WHAT TO PRODUCE. Your answer should be the lines below from the one with "-- ===== src/Frame/Pong.antt" to the one with "then some (object", both included, given again exactly and with nothing added.

MATERIAL SUPPLIED Block Start

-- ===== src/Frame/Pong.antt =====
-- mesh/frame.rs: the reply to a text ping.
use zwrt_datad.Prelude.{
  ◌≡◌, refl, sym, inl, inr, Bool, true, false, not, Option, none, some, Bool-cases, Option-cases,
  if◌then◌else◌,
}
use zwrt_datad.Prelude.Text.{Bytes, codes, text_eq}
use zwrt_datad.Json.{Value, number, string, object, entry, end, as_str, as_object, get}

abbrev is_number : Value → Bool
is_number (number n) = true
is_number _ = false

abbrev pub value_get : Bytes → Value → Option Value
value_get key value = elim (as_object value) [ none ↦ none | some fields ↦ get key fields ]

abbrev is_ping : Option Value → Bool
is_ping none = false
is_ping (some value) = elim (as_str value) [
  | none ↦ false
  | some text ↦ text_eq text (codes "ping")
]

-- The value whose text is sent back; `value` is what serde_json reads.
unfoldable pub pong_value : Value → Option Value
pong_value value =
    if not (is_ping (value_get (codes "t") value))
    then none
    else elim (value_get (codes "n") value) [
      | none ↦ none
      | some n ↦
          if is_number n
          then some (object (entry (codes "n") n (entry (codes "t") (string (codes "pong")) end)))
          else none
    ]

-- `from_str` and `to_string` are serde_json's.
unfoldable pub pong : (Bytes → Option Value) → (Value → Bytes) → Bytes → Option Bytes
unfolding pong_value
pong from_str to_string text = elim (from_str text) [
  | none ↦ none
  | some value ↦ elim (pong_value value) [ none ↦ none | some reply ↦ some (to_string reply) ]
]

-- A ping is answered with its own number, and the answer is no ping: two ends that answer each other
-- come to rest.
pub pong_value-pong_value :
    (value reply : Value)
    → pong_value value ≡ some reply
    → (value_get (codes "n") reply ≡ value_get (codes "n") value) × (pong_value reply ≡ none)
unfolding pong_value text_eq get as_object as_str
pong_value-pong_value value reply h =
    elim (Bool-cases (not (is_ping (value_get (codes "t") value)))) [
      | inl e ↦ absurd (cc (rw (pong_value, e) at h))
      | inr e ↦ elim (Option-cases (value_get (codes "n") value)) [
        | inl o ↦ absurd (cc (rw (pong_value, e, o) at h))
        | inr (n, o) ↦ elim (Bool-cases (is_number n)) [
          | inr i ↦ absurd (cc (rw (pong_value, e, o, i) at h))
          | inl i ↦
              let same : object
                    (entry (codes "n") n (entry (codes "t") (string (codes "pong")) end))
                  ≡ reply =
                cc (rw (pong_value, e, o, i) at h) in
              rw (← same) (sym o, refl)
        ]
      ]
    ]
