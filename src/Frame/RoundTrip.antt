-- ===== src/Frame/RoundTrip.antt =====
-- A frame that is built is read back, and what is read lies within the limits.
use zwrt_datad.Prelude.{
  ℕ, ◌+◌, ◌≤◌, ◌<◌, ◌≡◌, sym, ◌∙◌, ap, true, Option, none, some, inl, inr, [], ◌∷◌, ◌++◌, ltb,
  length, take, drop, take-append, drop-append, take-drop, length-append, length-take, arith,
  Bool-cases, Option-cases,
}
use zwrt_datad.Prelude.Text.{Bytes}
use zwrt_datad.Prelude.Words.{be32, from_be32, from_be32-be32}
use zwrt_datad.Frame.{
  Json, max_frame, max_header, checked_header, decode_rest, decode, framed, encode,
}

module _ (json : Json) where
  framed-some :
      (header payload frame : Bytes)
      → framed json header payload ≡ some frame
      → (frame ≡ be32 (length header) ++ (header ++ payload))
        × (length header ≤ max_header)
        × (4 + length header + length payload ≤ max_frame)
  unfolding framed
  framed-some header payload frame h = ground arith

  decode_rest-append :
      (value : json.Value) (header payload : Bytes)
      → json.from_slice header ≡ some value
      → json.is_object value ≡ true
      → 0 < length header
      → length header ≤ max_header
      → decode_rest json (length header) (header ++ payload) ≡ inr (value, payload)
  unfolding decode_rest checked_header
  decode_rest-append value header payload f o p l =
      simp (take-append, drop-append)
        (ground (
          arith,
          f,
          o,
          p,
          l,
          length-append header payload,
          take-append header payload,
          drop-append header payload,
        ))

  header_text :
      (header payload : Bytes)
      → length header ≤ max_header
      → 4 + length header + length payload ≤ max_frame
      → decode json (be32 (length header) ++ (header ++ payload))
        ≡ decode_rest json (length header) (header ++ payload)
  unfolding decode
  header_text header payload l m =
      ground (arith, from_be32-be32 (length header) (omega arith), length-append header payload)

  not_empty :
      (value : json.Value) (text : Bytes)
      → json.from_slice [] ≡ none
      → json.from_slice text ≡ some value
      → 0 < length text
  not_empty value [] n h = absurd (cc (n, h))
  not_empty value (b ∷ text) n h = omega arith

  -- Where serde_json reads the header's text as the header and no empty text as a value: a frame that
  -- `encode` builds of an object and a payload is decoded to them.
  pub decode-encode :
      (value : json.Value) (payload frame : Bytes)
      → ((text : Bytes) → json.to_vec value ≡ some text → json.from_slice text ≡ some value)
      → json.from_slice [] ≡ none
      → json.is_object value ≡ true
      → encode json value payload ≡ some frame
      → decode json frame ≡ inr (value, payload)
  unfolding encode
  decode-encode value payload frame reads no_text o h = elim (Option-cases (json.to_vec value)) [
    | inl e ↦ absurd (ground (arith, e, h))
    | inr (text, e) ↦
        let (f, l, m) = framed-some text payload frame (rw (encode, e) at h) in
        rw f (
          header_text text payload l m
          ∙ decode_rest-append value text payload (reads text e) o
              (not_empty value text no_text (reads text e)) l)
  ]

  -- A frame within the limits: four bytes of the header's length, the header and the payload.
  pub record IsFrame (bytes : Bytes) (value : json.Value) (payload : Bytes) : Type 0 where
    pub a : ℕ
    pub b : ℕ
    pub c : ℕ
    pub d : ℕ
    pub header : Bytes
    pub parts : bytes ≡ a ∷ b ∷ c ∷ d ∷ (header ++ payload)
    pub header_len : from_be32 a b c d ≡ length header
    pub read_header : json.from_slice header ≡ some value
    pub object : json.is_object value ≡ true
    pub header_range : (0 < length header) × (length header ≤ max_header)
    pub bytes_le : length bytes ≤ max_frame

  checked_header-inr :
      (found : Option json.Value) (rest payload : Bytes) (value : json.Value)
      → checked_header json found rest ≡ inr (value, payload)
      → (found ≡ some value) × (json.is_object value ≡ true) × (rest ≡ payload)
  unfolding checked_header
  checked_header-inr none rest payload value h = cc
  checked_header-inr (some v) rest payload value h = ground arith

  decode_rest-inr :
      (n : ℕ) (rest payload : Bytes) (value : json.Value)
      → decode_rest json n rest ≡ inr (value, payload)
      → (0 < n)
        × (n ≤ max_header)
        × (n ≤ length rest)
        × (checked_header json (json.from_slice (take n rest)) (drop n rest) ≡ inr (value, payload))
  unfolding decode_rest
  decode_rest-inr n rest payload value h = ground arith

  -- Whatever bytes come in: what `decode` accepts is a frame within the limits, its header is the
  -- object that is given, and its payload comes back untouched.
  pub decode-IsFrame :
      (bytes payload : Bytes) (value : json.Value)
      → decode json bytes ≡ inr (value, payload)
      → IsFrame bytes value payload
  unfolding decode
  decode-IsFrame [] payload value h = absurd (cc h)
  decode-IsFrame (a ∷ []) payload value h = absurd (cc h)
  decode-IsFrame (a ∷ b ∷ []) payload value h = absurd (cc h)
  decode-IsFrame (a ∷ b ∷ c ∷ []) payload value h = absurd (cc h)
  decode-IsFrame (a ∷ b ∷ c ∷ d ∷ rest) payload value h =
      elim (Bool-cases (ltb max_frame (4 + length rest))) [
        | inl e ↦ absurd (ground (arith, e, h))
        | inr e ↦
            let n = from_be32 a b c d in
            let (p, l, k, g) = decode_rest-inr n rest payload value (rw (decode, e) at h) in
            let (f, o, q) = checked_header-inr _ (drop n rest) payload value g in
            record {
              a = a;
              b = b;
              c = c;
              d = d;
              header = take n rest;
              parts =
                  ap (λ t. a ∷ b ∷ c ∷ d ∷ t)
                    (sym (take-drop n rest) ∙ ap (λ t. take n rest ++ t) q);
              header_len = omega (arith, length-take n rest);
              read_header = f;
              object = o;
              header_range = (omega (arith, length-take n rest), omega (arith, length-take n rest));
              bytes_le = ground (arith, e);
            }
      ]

MATERIAL SUPPLIED Block End
MATERIAL SUPPLIED Block Start

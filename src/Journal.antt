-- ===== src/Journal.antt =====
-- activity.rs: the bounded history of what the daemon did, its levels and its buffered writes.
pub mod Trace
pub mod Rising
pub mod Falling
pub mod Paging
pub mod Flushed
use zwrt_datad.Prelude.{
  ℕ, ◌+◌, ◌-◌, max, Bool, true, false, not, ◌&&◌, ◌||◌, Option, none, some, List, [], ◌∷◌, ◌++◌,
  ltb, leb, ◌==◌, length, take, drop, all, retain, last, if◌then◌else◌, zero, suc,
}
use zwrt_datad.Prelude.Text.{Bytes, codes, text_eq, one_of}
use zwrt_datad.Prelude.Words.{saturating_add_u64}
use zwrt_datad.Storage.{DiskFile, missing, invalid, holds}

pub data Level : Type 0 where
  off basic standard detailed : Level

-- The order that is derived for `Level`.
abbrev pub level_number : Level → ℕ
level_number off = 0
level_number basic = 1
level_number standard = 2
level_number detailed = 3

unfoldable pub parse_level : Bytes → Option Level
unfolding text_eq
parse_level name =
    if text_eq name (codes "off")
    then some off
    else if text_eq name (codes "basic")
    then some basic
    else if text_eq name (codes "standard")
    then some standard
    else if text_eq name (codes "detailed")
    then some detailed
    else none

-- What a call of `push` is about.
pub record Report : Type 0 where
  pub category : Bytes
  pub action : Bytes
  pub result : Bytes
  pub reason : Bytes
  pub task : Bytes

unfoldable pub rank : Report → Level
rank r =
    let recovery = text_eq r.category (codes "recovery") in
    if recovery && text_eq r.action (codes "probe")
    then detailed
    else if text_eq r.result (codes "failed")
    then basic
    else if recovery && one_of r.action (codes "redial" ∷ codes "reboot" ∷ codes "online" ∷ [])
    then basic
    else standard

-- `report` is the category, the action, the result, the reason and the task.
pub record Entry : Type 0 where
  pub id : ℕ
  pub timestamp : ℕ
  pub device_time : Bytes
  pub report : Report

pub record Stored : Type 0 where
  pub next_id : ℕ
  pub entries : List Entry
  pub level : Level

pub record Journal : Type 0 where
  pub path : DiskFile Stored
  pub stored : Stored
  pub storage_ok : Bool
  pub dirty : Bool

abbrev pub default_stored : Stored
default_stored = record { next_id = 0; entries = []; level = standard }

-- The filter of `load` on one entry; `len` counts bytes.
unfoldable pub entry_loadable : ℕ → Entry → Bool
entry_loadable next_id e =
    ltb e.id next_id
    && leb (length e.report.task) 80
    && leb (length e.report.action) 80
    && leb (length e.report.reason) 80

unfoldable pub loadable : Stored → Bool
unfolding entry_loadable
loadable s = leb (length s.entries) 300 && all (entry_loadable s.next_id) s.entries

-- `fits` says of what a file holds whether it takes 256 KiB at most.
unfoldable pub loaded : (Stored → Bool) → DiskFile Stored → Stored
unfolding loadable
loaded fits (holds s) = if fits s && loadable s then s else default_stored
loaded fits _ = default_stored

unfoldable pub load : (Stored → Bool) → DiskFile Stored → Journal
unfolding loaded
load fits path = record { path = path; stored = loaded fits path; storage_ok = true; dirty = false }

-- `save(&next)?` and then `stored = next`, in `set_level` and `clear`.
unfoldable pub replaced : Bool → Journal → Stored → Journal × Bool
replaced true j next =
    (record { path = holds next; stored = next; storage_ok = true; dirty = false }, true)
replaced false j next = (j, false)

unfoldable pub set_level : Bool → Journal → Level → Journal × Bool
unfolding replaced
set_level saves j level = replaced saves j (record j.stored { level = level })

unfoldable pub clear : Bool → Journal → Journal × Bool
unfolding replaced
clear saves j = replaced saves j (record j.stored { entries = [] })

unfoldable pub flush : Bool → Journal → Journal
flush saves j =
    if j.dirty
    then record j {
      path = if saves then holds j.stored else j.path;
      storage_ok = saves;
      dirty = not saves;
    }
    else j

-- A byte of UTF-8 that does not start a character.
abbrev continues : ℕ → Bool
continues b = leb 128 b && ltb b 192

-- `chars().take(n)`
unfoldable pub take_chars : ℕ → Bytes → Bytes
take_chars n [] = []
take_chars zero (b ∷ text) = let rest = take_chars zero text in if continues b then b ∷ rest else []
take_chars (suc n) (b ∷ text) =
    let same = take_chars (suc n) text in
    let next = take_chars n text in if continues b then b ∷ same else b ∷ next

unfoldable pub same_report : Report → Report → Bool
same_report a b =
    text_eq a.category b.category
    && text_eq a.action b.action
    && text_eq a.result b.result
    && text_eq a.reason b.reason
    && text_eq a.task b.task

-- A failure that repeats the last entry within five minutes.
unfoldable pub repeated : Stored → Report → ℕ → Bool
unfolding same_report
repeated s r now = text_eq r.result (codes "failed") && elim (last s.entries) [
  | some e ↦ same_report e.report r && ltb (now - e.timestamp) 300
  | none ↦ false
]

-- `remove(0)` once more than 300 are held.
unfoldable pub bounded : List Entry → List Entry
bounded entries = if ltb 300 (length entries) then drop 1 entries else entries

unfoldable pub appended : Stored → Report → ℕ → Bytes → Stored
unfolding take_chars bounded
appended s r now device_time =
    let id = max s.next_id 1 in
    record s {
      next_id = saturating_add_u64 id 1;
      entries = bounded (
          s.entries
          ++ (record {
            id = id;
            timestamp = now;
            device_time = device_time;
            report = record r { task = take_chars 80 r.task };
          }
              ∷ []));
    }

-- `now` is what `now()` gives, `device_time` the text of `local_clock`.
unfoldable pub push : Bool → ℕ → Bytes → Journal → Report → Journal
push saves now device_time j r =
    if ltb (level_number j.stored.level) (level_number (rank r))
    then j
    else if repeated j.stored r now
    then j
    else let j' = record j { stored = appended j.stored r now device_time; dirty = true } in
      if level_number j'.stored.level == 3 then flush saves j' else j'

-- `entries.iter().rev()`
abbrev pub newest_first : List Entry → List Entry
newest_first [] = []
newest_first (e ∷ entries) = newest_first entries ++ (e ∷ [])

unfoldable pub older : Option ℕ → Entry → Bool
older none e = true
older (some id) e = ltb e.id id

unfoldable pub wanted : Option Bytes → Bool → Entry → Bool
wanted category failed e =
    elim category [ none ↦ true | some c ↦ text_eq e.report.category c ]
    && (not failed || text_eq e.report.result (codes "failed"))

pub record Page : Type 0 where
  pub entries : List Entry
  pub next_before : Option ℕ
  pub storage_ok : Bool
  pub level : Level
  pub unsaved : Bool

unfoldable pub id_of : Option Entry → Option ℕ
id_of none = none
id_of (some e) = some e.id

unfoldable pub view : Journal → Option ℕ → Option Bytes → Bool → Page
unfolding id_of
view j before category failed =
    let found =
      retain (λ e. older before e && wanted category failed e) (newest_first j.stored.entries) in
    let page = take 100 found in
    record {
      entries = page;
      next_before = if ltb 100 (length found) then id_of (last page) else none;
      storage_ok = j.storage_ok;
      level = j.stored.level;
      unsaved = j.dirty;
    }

MATERIAL SUPPLIED Block End
MATERIAL SUPPLIED Block Start

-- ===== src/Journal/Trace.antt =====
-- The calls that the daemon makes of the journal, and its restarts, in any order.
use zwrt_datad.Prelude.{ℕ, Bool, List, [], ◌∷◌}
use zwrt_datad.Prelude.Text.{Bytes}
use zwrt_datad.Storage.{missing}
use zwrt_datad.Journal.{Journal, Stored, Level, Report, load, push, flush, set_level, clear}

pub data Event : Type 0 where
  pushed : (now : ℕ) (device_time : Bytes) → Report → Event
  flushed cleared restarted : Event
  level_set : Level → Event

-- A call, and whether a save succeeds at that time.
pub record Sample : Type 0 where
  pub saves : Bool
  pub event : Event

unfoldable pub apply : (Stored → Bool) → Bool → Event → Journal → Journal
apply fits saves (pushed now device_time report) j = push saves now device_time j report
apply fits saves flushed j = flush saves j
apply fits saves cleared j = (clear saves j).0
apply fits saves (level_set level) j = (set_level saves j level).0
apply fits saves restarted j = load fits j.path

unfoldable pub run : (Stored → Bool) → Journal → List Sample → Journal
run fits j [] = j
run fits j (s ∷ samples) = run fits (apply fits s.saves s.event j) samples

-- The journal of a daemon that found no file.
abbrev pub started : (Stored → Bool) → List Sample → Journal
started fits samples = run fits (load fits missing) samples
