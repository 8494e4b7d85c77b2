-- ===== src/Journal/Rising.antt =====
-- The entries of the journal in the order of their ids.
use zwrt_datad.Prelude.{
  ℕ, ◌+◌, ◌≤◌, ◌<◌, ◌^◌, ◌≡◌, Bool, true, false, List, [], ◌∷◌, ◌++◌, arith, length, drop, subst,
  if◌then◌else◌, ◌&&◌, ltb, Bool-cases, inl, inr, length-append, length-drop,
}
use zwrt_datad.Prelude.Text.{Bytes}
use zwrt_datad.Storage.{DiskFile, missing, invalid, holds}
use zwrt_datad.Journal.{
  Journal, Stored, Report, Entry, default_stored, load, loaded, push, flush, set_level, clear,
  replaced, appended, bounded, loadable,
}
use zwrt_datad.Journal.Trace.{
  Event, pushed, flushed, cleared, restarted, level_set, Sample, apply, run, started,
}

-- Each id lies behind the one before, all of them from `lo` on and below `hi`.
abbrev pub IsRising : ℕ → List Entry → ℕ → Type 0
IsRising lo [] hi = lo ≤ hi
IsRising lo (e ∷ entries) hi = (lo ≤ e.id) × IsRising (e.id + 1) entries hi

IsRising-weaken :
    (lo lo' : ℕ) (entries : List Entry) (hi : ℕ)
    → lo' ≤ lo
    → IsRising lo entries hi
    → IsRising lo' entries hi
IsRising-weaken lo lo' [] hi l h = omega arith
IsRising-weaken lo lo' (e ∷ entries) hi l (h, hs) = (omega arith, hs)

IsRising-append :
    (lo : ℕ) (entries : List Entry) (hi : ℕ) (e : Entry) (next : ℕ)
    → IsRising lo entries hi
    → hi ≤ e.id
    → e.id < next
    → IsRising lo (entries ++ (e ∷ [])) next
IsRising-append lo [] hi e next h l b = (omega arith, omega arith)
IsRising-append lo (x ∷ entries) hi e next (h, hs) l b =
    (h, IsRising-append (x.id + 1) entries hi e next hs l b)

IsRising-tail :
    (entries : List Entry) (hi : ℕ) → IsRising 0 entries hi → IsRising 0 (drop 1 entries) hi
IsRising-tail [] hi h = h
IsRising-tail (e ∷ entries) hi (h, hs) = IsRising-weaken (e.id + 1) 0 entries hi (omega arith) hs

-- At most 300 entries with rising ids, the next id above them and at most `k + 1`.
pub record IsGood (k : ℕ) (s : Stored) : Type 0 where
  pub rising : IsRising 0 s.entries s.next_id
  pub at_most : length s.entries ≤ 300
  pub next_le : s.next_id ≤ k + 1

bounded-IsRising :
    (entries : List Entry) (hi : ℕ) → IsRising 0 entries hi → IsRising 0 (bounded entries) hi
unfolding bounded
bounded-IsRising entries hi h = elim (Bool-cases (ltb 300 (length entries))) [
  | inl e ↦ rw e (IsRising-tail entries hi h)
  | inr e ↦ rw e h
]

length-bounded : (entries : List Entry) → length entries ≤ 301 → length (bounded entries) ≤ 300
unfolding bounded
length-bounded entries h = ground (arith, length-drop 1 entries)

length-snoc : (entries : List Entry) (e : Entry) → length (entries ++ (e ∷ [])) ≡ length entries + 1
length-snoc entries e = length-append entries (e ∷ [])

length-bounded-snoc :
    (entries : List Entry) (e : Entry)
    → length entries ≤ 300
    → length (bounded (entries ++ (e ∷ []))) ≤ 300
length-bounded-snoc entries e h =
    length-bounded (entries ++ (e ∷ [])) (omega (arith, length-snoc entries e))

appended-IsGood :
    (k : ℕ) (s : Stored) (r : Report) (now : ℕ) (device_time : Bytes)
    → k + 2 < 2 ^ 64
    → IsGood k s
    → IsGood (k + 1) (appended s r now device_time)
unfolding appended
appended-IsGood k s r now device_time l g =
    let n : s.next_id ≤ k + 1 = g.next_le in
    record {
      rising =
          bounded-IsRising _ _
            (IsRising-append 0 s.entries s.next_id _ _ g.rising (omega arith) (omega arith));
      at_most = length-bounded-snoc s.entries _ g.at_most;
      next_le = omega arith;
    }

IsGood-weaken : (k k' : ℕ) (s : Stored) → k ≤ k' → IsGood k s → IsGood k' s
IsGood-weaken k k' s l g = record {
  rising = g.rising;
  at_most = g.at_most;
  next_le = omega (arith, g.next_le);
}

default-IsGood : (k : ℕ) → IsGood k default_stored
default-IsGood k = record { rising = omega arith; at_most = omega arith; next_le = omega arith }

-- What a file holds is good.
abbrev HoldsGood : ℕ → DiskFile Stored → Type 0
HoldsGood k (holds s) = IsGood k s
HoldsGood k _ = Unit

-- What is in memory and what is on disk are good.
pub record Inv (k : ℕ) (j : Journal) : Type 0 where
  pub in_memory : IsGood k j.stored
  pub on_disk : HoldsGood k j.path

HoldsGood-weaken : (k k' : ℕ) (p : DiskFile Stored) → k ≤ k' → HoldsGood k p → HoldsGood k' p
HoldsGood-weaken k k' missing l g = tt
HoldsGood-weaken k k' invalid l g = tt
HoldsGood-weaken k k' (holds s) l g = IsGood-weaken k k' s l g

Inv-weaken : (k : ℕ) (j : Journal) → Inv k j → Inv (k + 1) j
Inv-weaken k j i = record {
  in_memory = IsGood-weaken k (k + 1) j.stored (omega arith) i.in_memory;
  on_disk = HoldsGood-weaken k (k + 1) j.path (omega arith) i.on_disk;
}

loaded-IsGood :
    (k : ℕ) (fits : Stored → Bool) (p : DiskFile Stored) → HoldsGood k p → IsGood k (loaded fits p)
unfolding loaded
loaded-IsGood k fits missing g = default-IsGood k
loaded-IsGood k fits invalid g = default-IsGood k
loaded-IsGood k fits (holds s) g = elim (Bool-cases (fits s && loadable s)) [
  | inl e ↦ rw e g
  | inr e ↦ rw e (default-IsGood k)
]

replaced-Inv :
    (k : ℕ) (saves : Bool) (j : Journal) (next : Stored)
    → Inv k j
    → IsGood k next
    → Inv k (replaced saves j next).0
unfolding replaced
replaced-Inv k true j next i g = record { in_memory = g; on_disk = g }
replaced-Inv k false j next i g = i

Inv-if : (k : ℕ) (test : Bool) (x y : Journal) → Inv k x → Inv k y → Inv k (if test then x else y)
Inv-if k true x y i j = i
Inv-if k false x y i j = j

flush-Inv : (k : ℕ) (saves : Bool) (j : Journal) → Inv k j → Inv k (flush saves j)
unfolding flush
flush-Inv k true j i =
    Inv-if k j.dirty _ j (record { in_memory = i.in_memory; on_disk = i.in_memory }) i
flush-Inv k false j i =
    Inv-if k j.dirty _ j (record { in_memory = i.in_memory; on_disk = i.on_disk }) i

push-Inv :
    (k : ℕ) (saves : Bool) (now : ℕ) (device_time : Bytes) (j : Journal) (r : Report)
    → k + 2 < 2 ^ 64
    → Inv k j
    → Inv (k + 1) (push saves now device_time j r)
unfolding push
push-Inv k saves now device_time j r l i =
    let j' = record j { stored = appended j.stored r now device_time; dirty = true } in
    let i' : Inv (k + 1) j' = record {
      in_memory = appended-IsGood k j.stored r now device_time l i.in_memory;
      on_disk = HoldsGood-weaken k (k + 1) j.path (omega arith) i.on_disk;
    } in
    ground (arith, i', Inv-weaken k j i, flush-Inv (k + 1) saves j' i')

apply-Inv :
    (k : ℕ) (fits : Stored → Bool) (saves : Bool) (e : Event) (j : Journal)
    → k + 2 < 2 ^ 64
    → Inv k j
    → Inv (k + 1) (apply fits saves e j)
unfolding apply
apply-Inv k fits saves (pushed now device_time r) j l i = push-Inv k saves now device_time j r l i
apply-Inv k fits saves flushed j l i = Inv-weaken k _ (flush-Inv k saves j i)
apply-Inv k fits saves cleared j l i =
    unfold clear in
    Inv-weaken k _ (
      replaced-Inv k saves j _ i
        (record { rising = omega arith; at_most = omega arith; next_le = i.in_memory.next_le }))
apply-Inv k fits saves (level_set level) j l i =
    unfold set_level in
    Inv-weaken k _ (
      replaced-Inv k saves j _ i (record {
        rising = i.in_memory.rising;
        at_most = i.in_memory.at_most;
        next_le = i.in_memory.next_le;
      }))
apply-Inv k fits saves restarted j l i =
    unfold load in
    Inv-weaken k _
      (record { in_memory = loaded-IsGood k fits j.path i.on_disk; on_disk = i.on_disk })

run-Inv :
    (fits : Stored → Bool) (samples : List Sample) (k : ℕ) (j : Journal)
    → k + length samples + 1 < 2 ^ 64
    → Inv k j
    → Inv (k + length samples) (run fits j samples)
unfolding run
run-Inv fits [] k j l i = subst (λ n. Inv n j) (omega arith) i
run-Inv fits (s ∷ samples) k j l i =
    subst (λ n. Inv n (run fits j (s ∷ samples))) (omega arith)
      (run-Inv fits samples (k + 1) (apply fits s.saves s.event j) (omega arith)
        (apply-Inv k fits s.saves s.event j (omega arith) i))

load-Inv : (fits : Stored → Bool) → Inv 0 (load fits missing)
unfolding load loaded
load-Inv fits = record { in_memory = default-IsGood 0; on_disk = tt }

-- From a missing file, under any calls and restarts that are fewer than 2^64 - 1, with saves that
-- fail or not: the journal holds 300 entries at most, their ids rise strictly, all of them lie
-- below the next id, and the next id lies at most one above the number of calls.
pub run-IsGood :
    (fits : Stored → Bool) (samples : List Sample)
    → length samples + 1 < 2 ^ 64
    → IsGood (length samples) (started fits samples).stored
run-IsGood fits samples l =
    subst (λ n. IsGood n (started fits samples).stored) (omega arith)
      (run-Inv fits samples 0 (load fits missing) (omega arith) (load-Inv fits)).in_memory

MATERIAL SUPPLIED Block End

WORKED SOLUTION.
-- ===== src/Frame/Pong.antt =====
-- mesh/frame.rs: the reply to a text ping.
use zwrt_datad.Prelude.{
  ◌≡◌, refl, sym, inl, inr, Bool, true, false, not, Option, none, some, Bool-cases, Option-cases,
  if◌then◌else◌,
}
use zwrt_datad.Prelude.Text.{Bytes, codes, text_eq}
use zwrt_datad.Json.{Value, number, string, object, entry, end, as_str, as_object, get}

abbrev is_number : Value → Bool
is_number (number n) = true
is_number _ = false

abbrev pub value_get : Bytes → Value → Option Value
value_get key value = elim (as_object value) [ none ↦ none | some fields ↦ get key fields ]

abbrev is_ping : Option Value → Bool
is_ping none = false
is_ping (some value) = elim (as_str value) [
  | none ↦ false
  | some text ↦ text_eq text (codes "ping")
]

-- The value whose text is sent back; `value` is what serde_json reads.
unfoldable pub pong_value : Value → Option Value
pong_value value =
    if not (is_ping (value_get (codes "t") value))
    then none
    else elim (value_get (codes "n") value) [
      | none ↦ none
      | some n ↦
          if is_number n
          then some (object (entry (codes "n") n (entry (codes "t") (string (codes "pong")) end)))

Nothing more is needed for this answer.